Aaron Judge bet on himself, and it appears he’s able to money in — if he can stay healthy.
After going deep twice in a loss on Monday to Baltimore, Judge, 30, the Yankees’ right fielder, had a major-league-leading 17 home runs. That was five greater than some other player this season through Monday, but things get truly impressive if you compare his season up to now to great seasons of the past.
He had more home runs than Babe Ruth had through 40 games in 1927 (13). He had greater than Roger Maris had through 40 in 1961 (11). He outdid Sammy Sosa’s 40-game totals in 1998 (7), 1999 (13) and 2001 (14). He had the identical number as Mark McGwire had in 1998, and greater than McGwire had in 1999 (12). He was only five wanting what number of Barry Bonds had in 2001.
Those years should sound familiar: They’re the eight seasons by which a player has hit 60 or more home runs.
“It’s really special,” Yankees Manager Aaron Boone said Monday. “I sometimes take it as a right, but not at once. He’s a very special player and clearly really carrying us offensively.”
Being the most effective hitter on the most effective team within the majors is definitely an argument for an even bigger contract than the seven-year, $213.5 million deal Judge rejected within the off-season. But when he wants to affix the rarefied air of 60-homer sluggers, and if he wants to influence his team to ensure even extra money to a player his age, he might want to keep himself on the sphere.

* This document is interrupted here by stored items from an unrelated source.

-- ===== src/Pages/Keys.antt =====
-- deliveries/views.py and deliveries/models.py: the API keys that a shop makes and revokes.
pub mod Shown
pub mod Limit
use javi.Prelude.{
  ℕ, suc, String, Bool, true, false, not, ◌&&◌, ◌==◌, str_eq, leb, any, count, first, update_where,
  Option, none, some, List, [], ◌∷◌, is_none, if◌then◌else◌,
}
use Prim.Native.String.{◌++◌, slice}
use javi.Model.{Shop, ApiKey}
use javi.Env.{Env}
use javi.World.{World, Db}
use javi.Exec.{Exec, pure, gets, modify, ◌>>=◌, ◌>>◌}
use javi.Runtime.{timezone_now, new_tracking_token}
use javi.Pages.{
  Page, not_found, crashed, redirect, key_created, too_many_keys, no_store, key_revoked, to_profile,
}

abbrev pub api_key_prefix : String
api_key_prefix = "javi_live_"

-- `hash_api_key`, a SHA-256, and the setting API_KEYS_PER_SHOP.
pub record KeySite : Type 0 where
  pub hash_api_key : String → String
  pub api_keys_per_shop : ℕ

abbrev pub is_active_of : Shop → ApiKey → Bool
is_active_of shop k = k.shop_id == shop.id && is_none k.revoked_at

abbrev pub has_hash : String → ApiKey → Bool
has_hash hash k = str_eq k.key_hash hash

-- The token is ASCII, so its first characters are its first bytes.
unfoldable pub new_key : ℕ → ℕ → Shop → String → String → ApiKey
new_key id now shop token hash = record {
  id = id;
  shop_id = shop.id;
  prefix = slice token 0 8;
  key_hash = hash;
  name = "";
  created_at = now;
  last_used_at = none;
  revoked_at = none;
}

unfoldable pub add_api_key : ApiKey → World → World
add_api_key k w = record w {
  db = record w.db { api_keys = k ∷ w.api_keys; next_id = suc w.next_id };
}

abbrev pub revoked : ℕ → ApiKey → ApiKey
revoked now k = record k { revoked_at = some now }

unfoldable pub write_revoked : ℕ → ℕ → World → World
write_revoked id now w = record w {
  db = record w.db {
    api_keys = update_where (λ (k : ApiKey). k.id == id) (revoked now) w.api_keys;
  };
}

abbrev pub is_owned_key : Shop → ℕ → ApiKey → Bool
is_owned_key shop pk k = k.id == pk && k.shop_id == shop.id

module _ (env : Env) (site : KeySite) where
  -- The hash is unique: a second one is refused by the database.
  insert_key : ApiKey → String → Exec (Option (ApiKey × String))
  insert_key k full_key = do
    taken ← gets (λ w. any (has_hash k.key_hash) w.api_keys)
    if taken then pure none else do modify (add_api_key k); pure (some (k, full_key))

  -- `ApiKey.generate`
  unfoldable pub generate : Shop → Exec (Option (ApiKey × String))
  unfolding insert_key
  generate shop = do
    token ← new_tracking_token env
    now ← timezone_now env
    id ← gets (λ w. w.next_id)
    let full_key = api_key_prefix ++ token
    insert_key (new_key id now shop token (site.hash_api_key full_key)) full_key

  created_page : Option (ApiKey × String) → Page
  created_page none = crashed
  created_page (some (k, full_key)) = key_created k full_key

  -- `ApiKeyCreateView.post`
  unfoldable pub create_key : Option Shop → Exec Page
  unfolding created_page
  create_key none = pure (redirect (no_store ∷ []) to_profile)
  create_key (some shop) = do
    active ← gets (λ w. count (is_active_of shop) w.api_keys)
    if leb site.api_keys_per_shop active
        then pure (redirect (too_many_keys active ∷ []) to_profile)
        else do made ← generate shop; pure (created_page made)

  revoke : Option ApiKey → Exec Page
  revoke none = pure not_found
  revoke (some k) =
      if is_none k.revoked_at
      then (do
        now ← timezone_now env
        modify (write_revoked k.id now)
        pure (redirect (key_revoked ∷ []) to_profile))
      else pure (redirect (key_revoked ∷ []) to_profile)

  owned_key : Option Shop → ℕ → Db → Option ApiKey
  owned_key none pk db = none
  owned_key (some shop) pk db = first (is_owned_key shop pk) db.api_keys

  -- `ApiKeyRevokeView.post`
  unfoldable pub revoke_key : Option Shop → ℕ → Exec Page
  unfolding revoke owned_key
  revoke_key account pk = do k ← gets (λ w. owned_key account pk w.db); revoke k
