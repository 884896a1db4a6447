-- ===== src/Pages/Keys/Limit.antt =====
-- How many keys of a shop are active at a time.
use javi.Prelude.{
  ℕ, ◌≤◌, ◌<◌, ◌&&◌, ◌==◌, leb, any, count, first, update_where, Option, none, some, List, [], ◌∷◌,
  is_none, ◌≡◌, refl, ap, ==_iff, arith, Bool-cases, Option-cases, inl, inr,
}
use javi.Model.{Shop, ApiKey}
use javi.Env.{Env}
use javi.World.{World}
use javi.Runtime.{tick}
use Prim.Native.String.{◌++◌}
use javi.Pages.Keys.{
  api_key_prefix, has_hash, KeySite, is_active_of, new_key, add_api_key, revoked, write_revoked,
  is_owned_key, generate, create_key, revoke_key,
}

-- A POST of the profile's page about the keys.
pub data KeyPost : Type 0 where
  make : Option Shop → KeyPost
  take_back : Option Shop → (pk : ℕ) → KeyPost

abbrev pub active : Shop → World → ℕ
active shop w = count (is_active_of shop) w.api_keys

revoked-le :
    (shop : Shop) (id now : ℕ) (rows : List ApiKey)
    → count (is_active_of shop) (update_where (λ (k : ApiKey). k.id == id) (revoked now) rows)
      ≤ count (is_active_of shop) rows
unfolding count update_where
revoked-le shop id now [] = omega arith
revoked-le shop id now (k ∷ rows) = ground (arith, revoked-le shop id now rows)

module _ (env : Env) (site : KeySite) where
  unfoldable pub key_posts : List KeyPost → World → World
  key_posts [] w = w
  key_posts (make account ∷ rest) w = key_posts rest (create_key env site account w).1
  key_posts (take_back account pk ∷ rest) w = key_posts rest (revoke_key env site account pk w).1

  revoke_key-le :
      (account : Option Shop) (pk : ℕ) (shop : Shop) (w : World)
      → active shop (revoke_key env site account pk w).1 ≤ active shop w
  unfolding revoke_key write_revoked
  revoke_key-le none pk shop w = omega arith
  revoke_key-le (some own) pk shop w =
      elim (Option-cases (first (is_owned_key own pk) w.api_keys)) [
        | inl missing ↦ rw missing (omega arith)
        | inr (k, found) ↦ elim (Bool-cases (is_none k.revoked_at)) [
          | inl live ↦ rw (found, live) (revoked-le shop k.id (env.clock w.calls) w.api_keys)
          | inr dead ↦ rw (found, dead) (omega arith)
        ]
      ]

  -- A key of one shop is none of the others.
  one_more :
      (own shop : Shop) (k : ApiKey) (rows : List ApiKey)
      → k.shop_id ≡ own.id
      → count (is_active_of own) rows < site.api_keys_per_shop
      → count (is_active_of shop) rows ≤ site.api_keys_per_shop
      → count (is_active_of shop) (k ∷ rows) ≤ site.api_keys_per_shop
  unfolding count
  one_more own shop k rows of_own few h = elim (Bool-cases (own.id == shop.id)) [
    | inl same ↦
        let e = (==_iff own.id shop.id).0 same in
        let counts =
          ap (λ (i : ℕ). count (λ (r : ApiKey). r.shop_id == i && is_none r.revoked_at) rows) e in
        ground (arith, counts, few)
    | inr different ↦ ground (arith, different, of_own, h)
  ]

  create_key-le :
      (account : Option Shop) (shop : Shop) (w : World)
      → active shop w ≤ site.api_keys_per_shop
      → active shop (create_key env site account w).1 ≤ site.api_keys_per_shop
  unfolding create_key generate add_api_key new_key
  create_key-le none shop w h = h
  create_key-le (some own) shop w h =
      let token = env.token_urlsafe w.calls in
      let hash = site.hash_api_key (api_key_prefix ++ token) in
      elim (Bool-cases (leb site.api_keys_per_shop (count (is_active_of own) w.api_keys))) [
        | inl many ↦ rw many h
        | inr few ↦ elim (Bool-cases (any (has_hash hash) w.api_keys)) [
          | inl taken ↦ rw (few, taken) h
          | inr fresh ↦
              rw (few, fresh)
                (one_more own shop (new_key w.next_id (env.clock (tick w).calls) own token hash)
                  w.api_keys refl (ground (arith, few)) h)
        ]
      ]

  -- Whatever keys the accounts make and revoke, one after the other: a shop that had no more active
  -- keys than the limit never has more.
  pub key_posts-le :
      (posts : List KeyPost) (shop : Shop) (w : World)
      → active shop w ≤ site.api_keys_per_shop
      → active shop (key_posts posts w) ≤ site.api_keys_per_shop
  unfolding key_posts
  key_posts-le [] shop w h = h
  key_posts-le (make account ∷ rest) shop w h =
      key_posts-le rest shop (create_key env site account w).1 (create_key-le account shop w h)
  key_posts-le (take_back account pk ∷ rest) shop w h =
      key_posts-le rest shop (revoke_key env site account pk w).1
        (omega (arith, revoke_key-le account pk shop w, h))
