-- ===== src/Pages/Keys/Shown.antt =====
-- The key that the page shows once: it lets its shop in, until it is revoked.
use javi.Prelude.{
  ℕ, String, true, false, ◌==◌, ==_refl, leb, any, count, first, first-none, update_where, eq_refl,
  none, some, List, [], ◌∷◌, is_none, ◌≡◌, refl, sym, ◌∙◌, ap, subst, arith, Bool-cases, inl, inr,
}
use Prim.Native.String.{◌++◌}
use javi.Model.{Shop, ApiKey}
use javi.Env.{Env}
use javi.World.{World}
use javi.Exec.{ok}
use javi.Runtime.{tick}
use javi.Api.Keys.{is_live_key, key_shop, live_key, use_key, resolve_shop}
use javi.Pages.{key_created}
use javi.Pages.Keys.{
  KeySite, api_key_prefix, has_hash, is_active_of, new_key, add_api_key, revoked, write_revoked,
  is_owned_key, generate, create_key, revoke_key,
}

-- What a page that shows a key has done.
pub record IsMade (site : KeySite) (shop : Shop) (k : ApiKey) (full : String) (w w' : World)
    : Type 0 where
  pub hash : k.key_hash ≡ site.hash_api_key full
  pub of_shop : k.shop_id ≡ shop.id
  pub live : is_none k.revoked_at ≡ true
  pub fresh : any (has_hash k.key_hash) w.api_keys ≡ false
  pub rows : w'.api_keys ≡ k ∷ w.api_keys
  pub shops : w'.shops ≡ w.shops

no_live :
    (hash : String) (now id : ℕ) (rows : List ApiKey)
    → any (has_hash hash) rows ≡ false
    → any (is_live_key hash) (update_where (λ (k : ApiKey). k.id == id) (revoked now) rows) ≡ false
unfolding any update_where
no_live hash now id [] h = refl
no_live hash now id (k ∷ rows) h = ground (arith, no_live hash now id rows)

module _ (env : Env) (site : KeySite) where
  -- The world after the insertion.
  abbrev made_key : Shop → World → ApiKey
  made_key shop w =
      let token = env.token_urlsafe w.calls in
      new_key w.next_id (env.clock (tick w).calls) shop token
        (site.hash_api_key (api_key_prefix ++ token))

  made_page :
      (shop : Shop) (w : World)
      → leb site.api_keys_per_shop (count (is_active_of shop) w.api_keys) ≡ false
      → any (has_hash (made_key shop w).key_hash) w.api_keys ≡ false
      → create_key env site (some shop) w ≡ (
        ok (key_created (made_key shop w) (api_key_prefix ++ env.token_urlsafe w.calls)),
        add_api_key (made_key shop w) (tick (tick w)),
      )
  unfolding create_key generate add_api_key new_key
  made_page shop w few fresh = rw (few, fresh) refl

  create_key-IsMade :
      (shop : Shop) (k : ApiKey) (full : String) (w w' : World)
      → create_key env site (some shop) w ≡ (ok (key_created k full), w')
      → IsMade site shop k full w w'
  unfolding create_key generate add_api_key new_key
  create_key-IsMade shop k full w w' made =
      let token = env.token_urlsafe w.calls in
      let hash = site.hash_api_key (api_key_prefix ++ token) in
      elim (Bool-cases (leb site.api_keys_per_shop (count (is_active_of shop) w.api_keys))) [
        | inl many ↦ cc (made, many)
        | inr few ↦ elim (Bool-cases (any (has_hash hash) w.api_keys)) [
          | inl taken ↦ cc (made, few, taken)
          | inr fresh ↦
              let same = sym (made_page shop w few fresh) ∙ made in
              let same_key : made_key shop w ≡ k = cc in
              let same_text : api_key_prefix ++ token ≡ full = cc in
              let same_world : add_api_key (made_key shop w) (tick (tick w)) ≡ w' = cc in
              record {
                hash =
                    ap (λ (x : ApiKey). x.key_hash) (sym same_key) ∙ ap site.hash_api_key same_text;
                of_shop = ap (λ (x : ApiKey). x.shop_id) (sym same_key);
                live = ap (λ (x : ApiKey). is_none x.revoked_at) (sym same_key);
                fresh =
                    subst (λ (x : ApiKey). any (has_hash x.key_hash) w.api_keys ≡ false) same_key
                      fresh;
                rows =
                    ap (λ (v : World). v.api_keys) (sym same_world)
                    ∙ ap (λ (x : ApiKey). x ∷ w.api_keys) same_key;
                shops = ap (λ (v : World). v.shops) (sym same_world);
              }
        ]
      ]

  -- The row that the key finds, and the shop of it.
  found_key :
      (shop : Shop) (k : ApiKey) (full : String) (w w' : World)
      → IsMade site shop k full w w'
      → live_key env site.hash_api_key full w'.db ≡ some k
  unfolding live_key first
  found_key shop k full w w' made =
      rw (made.rows, ← made.hash) (ground (arith, eq_refl k.key_hash, made.live))

  rows_after :
      (shop : Shop) (k : ApiKey) (w : World)
      → first (is_owned_key shop k.id) w.api_keys ≡ some k
      → is_none k.revoked_at ≡ true
      → (revoke_key env site (some shop) k.id w).1.api_keys
        ≡ update_where (λ (r : ApiKey). r.id == k.id) (revoked (env.clock w.calls)) w.api_keys
  unfolding revoke_key write_revoked
  rows_after shop k w found live = rw (found, live) refl

  none_live :
      (hash : String) (now : ℕ) (k : ApiKey) (rows : List ApiKey)
      → any (has_hash hash) rows ≡ false
      → any
          (is_live_key hash)
          (update_where (λ (r : ApiKey). r.id == k.id) (revoked now) (k ∷ rows))
        ≡ false
  unfolding any update_where
  none_live hash now k rows fresh = ground (arith, ==_refl k.id, no_live hash now k.id rows fresh)

  revoked_key :
      (shop : Shop) (k : ApiKey) (full : String) (w w' : World)
      → IsMade site shop k full w w'
      → live_key env site.hash_api_key full (revoke_key env site (some shop) k.id w').1.db ≡ none
  unfolding live_key first
  revoked_key shop k full w w' made =
      let now = env.clock w'.calls in
      let hash = site.hash_api_key full in
      let found : first (is_owned_key shop k.id) w'.api_keys ≡ some k =
        rw made.rows (ground (arith, ==_refl k.id, made.of_shop, ==_refl shop.id)) in
      let fresh = subst (λ h. any (has_hash h) w.api_keys ≡ false) made.hash made.fresh in
      ap (first (is_live_key hash)) (rows_after shop k w' found made.live)
      ∙ ap
          (λ rows.
            first (is_live_key hash)
              (update_where (λ (r : ApiKey). r.id == k.id) (revoked now) rows))
          made.rows
      ∙ first-none (is_live_key hash) _ (none_live hash now k w.api_keys fresh)

  -- The key that the page shows, whatever was made before: it lets the shop in as itself. Once it
  -- is revoked by its page, it lets nobody in.
  pub created-resolve :
      (shop : Shop) (k : ApiKey) (full : String) (w w' : World)
      → create_key env site (some shop) w ≡ (ok (key_created k full), w')
      → first (λ (s : Shop). s.id == shop.id) w.shops ≡ some shop
      → ((resolve_shop env site.hash_api_key full w').0 ≡ ok (some shop))
        × (let later = (revoke_key env site (some shop) k.id w').1 in
            (resolve_shop env site.hash_api_key full later).0 ≡ ok none)
  unfolding resolve_shop use_key key_shop
  created-resolve shop k full w w' page row =
      let made = create_key-IsMade shop k full w w' page in
      let its_shop : first (λ (s : Shop). s.id == k.shop_id) w'.shops ≡ some shop =
        rw (made.of_shop, made.shops) row in
      (
        rw (found_key shop k full w w' made) (ap ok its_shop),
        rw (revoked_key shop k full w w' made) refl,
      )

Unusually large for a baseball player, Judge is 6 feet 7 inches and 282 kilos. While that has led to tape measure power, surprisingly fast base running and superb defense, it has also resulted in a spotty injury history. In his 4 full seasons, he missed a combined 131 games. He also missed 32 of the Yankees’ 60 games within the pandemic-shortened 2020 season. He has made it to 150 games only once.
The 2022 M.L.B. Season
“Chill out, all right? Don’t attempt to strike everybody out. Strikeouts are boring! Besides that, they’re fascist. Throw some ground balls, it’s more democratic.”
- Look Good, Feel Good, Play Good. Smell Good?: For various players, a heavy dose of cologne or women’s perfume is the unlikeliest of performance enhancers.
- The Third Baseman’s Gambit: Manny Machado is the most popular hitter in baseball, and he’s coming on your Queen.
- The Loneliest Team in Baseball: The Oakland Athletics gutted their roster and flirted with Las Vegas. Now their fans look like in full revolt.
- King of Throws: Tom House has spent his life helping superstars get even higher. With a recent app he desires to fix young pitchers before they develop bad habits.
To hitch the 60-homer club, he probably must match, and even exceed, his profession high of 155 games played: In Major League Baseball’s eight 60-homer seasons, the players averaged 156.8 games.
It’s a feat that requires remarkable durability and consistency, a reality emphasized by the incontrovertible fact that in six of the eight instances, the player was later connected to performance-enhancing drugs. And since of injuries and regression to the mean, even players who got off to hotter starts than Judge cooled off because the season chugged along.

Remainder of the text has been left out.